Now that Citrix is about to release of XenClient, and the product seems to get serious attention, other companies offering client hypervisors have a problem.
This includes, for example, Virtual Computer and Neocleus which both offer a Xen-based bare metal virtual machine monitor (VMM) for consumer laptops since a few months.
While Citrix will not offer all the capabilities of these competitors in the first version of XenClient, it’s still true that its product will be available for free.
Competitors have two choices: try to compete with XenClient or drop their own Xen implementations and build on top of it (which is what Citrix probably wants).
The first choice implies a major effort since the startups above don’t have as much resources as Citrix for R&D and marketing. And more than that, they don’t have a powerful ally like Microsoft, that may step-in at some point in the near future and further help the adoption of XenClient.
On the other side, remaining independent allows these companies to potentially deliver innovation faster than Citrix, gaining enough brand value and market share for a successful, future acquisition.
The second choice instead allows the startup to offload the development costs of the client hypervisor to fully focus on the uniqueness of their offering (remote management for Virtual Computer, out-of-band security for Neocleus) but locks them in the Citrix development lifecycle and features roadmap.
There’s a third company that may be involved in this game: HP, that acquired HyperCore, another Xen-based client hypervisor, from Phoenix Technologies just this month.
HP and Citrix have been good virtualization partners so far, so it’s unclear why the OEM preferred to buy its own platform rather than build on top of XenClient. Probably it’s because HyperCore is designed to boot from the BIOS while XenClient is not.
Virtual Computer is a special candidate for the adoption of XenClient since Citrix is an investor in the company and may influence the management decision about this.
The startup already considered this option as viable as soon as XenClient will mature enough.
Before dropping its own Xen implementation anyway, Virtual Computer has a nice, potential exposure window that can leverage, courtesy of the current XenClient popularity.
And this is probably why the company is finally releasing a free version of its product NxTop.

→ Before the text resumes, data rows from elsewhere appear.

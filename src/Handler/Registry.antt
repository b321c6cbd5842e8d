-- ===== src/Handler/Registry.antt =====
-- The user's message handlers: one for asynchronous messages, and a std::map of handlers for any
-- message, by service.
use Prim.Native.String.{String, compare}
use text.Mathlib.Text.{◌==◌ as str_eq, is_lt}
use clibdpa.Base.{
  List, [], ◌∷◌, Option, none, some, if◌then◌else◌, Result, ok, err, logic_error, map,
}
use clibdpa.Message.{DpaMessage}
use clibdpa.Handler.Types.{Handler}

-- A call of one of the user's functions.
pub record Called (H : Type 0) : Type 0 where
  pub fun : H
  pub message : DpaMessage

module _ {H : Type 0} where
  -- `map.find(key)`
  unfoldable pub find : String → List (String × H) → Option H
  find k [] = none
  find k ((j, f) ∷ m) = if str_eq j k then some f else find k m

  -- `map.insert` of a key that is not there: the map is kept in the order of the keys.
  unfoldable pub insert : String → H → List (String × H) → List (String × H)
  insert k f [] = (k, f) ∷ []
  insert k f ((j, g) ∷ m) =
      if is_lt (compare k j) then (k, f) ∷ (j, g) ∷ m else (j, g) ∷ insert k f m

  -- `map.erase(found)`
  unfoldable pub erase : String → List (String × H) → List (String × H)
  erase k [] = []
  erase k ((j, f) ∷ m) = if str_eq j k then m else (j, f) ∷ erase k m

  -- registerAnyMessageHandler(serviceId, fun)
  unfoldable pub register_any_message_handler : Handler H → String → H → Result (Handler H)
  register_any_message_handler h service f = elim (find service h.m_any_message_handler_map) [
    | some g ↦ err logic_error
    | none ↦
        ok (record h { m_any_message_handler_map = insert service f h.m_any_message_handler_map })
  ]

  -- unregisterAnyMessageHandler(serviceId)
  unfoldable pub unregister_any_message_handler : Handler H → String → Handler H
  unregister_any_message_handler h service = elim (find service h.m_any_message_handler_map) [
    | some g ↦ record h { m_any_message_handler_map = erase service h.m_any_message_handler_map }
    | none ↦ h
  ]

  -- processAnyMessage(message): the calls, in the order of the map.
  unfoldable pub process_any_message : Handler H → DpaMessage → List (Called H)
  process_any_message h m = map (λ e. record { fun = e.1; message = m }) h.m_any_message_handler_map

  -- registerAsyncMessageHandler(serviceId, fun) and unregisterAsyncMessageHandler(serviceId): the
  -- service is ignored.
  unfoldable pub register_async_message_handler : Handler H → String → H → Handler H
  register_async_message_handler h service f = record h { m_async_message_handler = some f }

  unfoldable pub unregister_async_message_handler : Handler H → String → Handler H
  unregister_async_message_handler h service = record h { m_async_message_handler = none }

  -- processAsynchronousMessage(message)
  unfoldable pub process_asynchronous_message : Handler H → DpaMessage → List (Called H)
  process_asynchronous_message h m = elim h.m_async_message_handler [
    | none ↦ []
    | some f ↦ record { fun = f; message = m } ∷ []
  ]
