-- ===== src/Handler/Settings.antt =====
-- The settings of DpaHandler2::Imp.
use clibdpa.Base.{ℕ, if◌then◌else◌}
use clibdpa.Base.Int.{ℤ, pos, ltb_ℤ}
use clibdpa.Timing.{RfMode, TimingParams, minimal_timeout}
use clibdpa.Handler.Types.{Handler}
use clibdpa.TaskQueue

module _ {H : Type 0} where
  -- getTimeout()
  unfoldable pub get_timeout : Handler H → ℤ
  get_timeout h = h.m_default_timeout

  -- setTimeout(timeout)
  unfoldable pub set_timeout : Handler H → ℤ → Handler H
  set_timeout h timeout = record h {
    m_default_timeout =
        if ltb_ℤ timeout (pos minimal_timeout) then pos minimal_timeout else timeout;
  }

  -- getRfCommunicationMode() and setRfCommunicationMode(rfMode)
  unfoldable pub get_rf_communication_mode : Handler H → RfMode
  get_rf_communication_mode h = h.m_rf_mode

  unfoldable pub set_rf_communication_mode : Handler H → RfMode → Handler H
  set_rf_communication_mode h mode = record h { m_rf_mode = mode }

  -- getTimingParams() and setTimingParams(params)
  unfoldable pub get_timing_params : Handler H → TimingParams
  get_timing_params h = h.m_timing_params

  unfoldable pub set_timing_params : Handler H → TimingParams → Handler H
  set_timing_params h params = record h { m_timing_params = params }

  -- getFrcResponseTime() and setFrcResponseTime(frcResponseTime)
  unfoldable pub get_frc_response_time : Handler H → ℕ
  get_frc_response_time h = h.m_timing_params.frc_response_time

  unfoldable pub set_frc_response_time : Handler H → ℕ → Handler H
  set_frc_response_time h time = record h {
    m_timing_params = record (h.m_timing_params) { frc_response_time = time };
  }

  -- getDpaQueueLen(), the size as an int.
  unfoldable pub get_dpa_queue_len : Handler H → ℕ
  unfolding TaskQueue.size
  get_dpa_queue_len h = TaskQueue.size h.m_dpa_transaction_queue
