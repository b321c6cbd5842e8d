-- ===== src/Message/Contents.antt =====
-- The bytes that a message carries, and what of a string a new message keeps.
use clibdpa.Base.{
  ℕ, ◌≤◌, ◌<◌, ◌≡◌, sym, ap, ◌∙◌, List, length, take, overwrite, length-take, take-overwrite, ok,
  arith,
}
use clibdpa.Message.{DpaMessage, max_dpa_message_size, empty_packet, from_string, length_u8}

-- The string that is sent for a message: `basic_string(DpaPacketData(), GetLength())`.
abbrev pub contents : DpaMessage → List ℕ
contents m = take m.m_length m.buffer

take-min : (n : ℕ) (xs : List ℕ) → n ≤ length xs → length (take n xs) ≡ n
take-min n xs h = omega (arith, length-take n xs)

take-overwrite-take :
    (n : ℕ) (xs ys : List ℕ)
    → n ≤ length xs
    → n ≤ length ys
    → take n (overwrite (take n xs) ys) ≡ take n xs
take-overwrite-take n xs ys hx hy =
    let e = take-min n xs hx in
    ap (λ k. take k (overwrite (take n xs) ys)) (sym e)
    ∙ take-overwrite (take n xs) ys (omega (arith, e))

-- The message that carries the first `length % 256` bytes of a string.
abbrev pub holding : List ℕ → DpaMessage
holding xs = record {
  buffer = overwrite (take (length_u8 xs) xs) empty_packet;
  m_length = length_u8 xs;
}

from_string-holding :
    (stale : ℕ) (xs : List ℕ)
    → 0 < length_u8 xs
    → length_u8 xs ≤ max_dpa_message_size
    → (from_string stale xs ≡ ok (holding xs)) × (contents (holding xs) ≡ take (length_u8 xs) xs)
unfolding from_string
from_string-holding stale xs p h =
    (ground arith, take-overwrite-take (length_u8 xs) xs empty_packet (omega arith) h)

-- A string of 256 bytes or more whose length is from 1 to 64 modulo 256 is not refused: it becomes a
-- message that carries only its first bytes, fewer than the string has.
from_string-truncates :
    (stale : ℕ) (xs : List ℕ)
    → 256 ≤ length xs
    → 0 < length_u8 xs
    → length_u8 xs ≤ max_dpa_message_size
    → (m : DpaMessage) × (from_string stale xs ≡ ok m)
      × (contents m ≡ take (length_u8 xs) xs)
      × (m.m_length < length xs)
from_string-truncates stale xs l p h =
    let (e, c) = from_string-holding stale xs p h in (holding xs, e, c, omega arith)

Starting today the Virtual Computer client hypervisor is available free of charge. The offering also includes the management console, NxTop Center, capped to maximum five managed computers. This is more than enough for personal use and it’s likely the offering will attract a number of IT administrators that may use the five computers limit to deploy a very small proof of concepts.
Like any competitor, NxTop only runs on selected supported hardware. Virtual Computer offers a downloadable tool, called NxTop Ready, to verify your machine against the existing Hardware Compatibility List (HCL). It’s available only for Windows operating systems.
The management product instead is offered as a virtual appliance for Microsoft Hyper-V. This means that customers need to have a working and licensed installation of Windows Server 2008 / R2.
Of course customers can convert the virtual appliance into another format and run it on their hypervisor of choice, but at the moment Virtual Computer only supports Hyper-V.
The current version offered for free is 2.1 Release Candidate 2 (build 7427).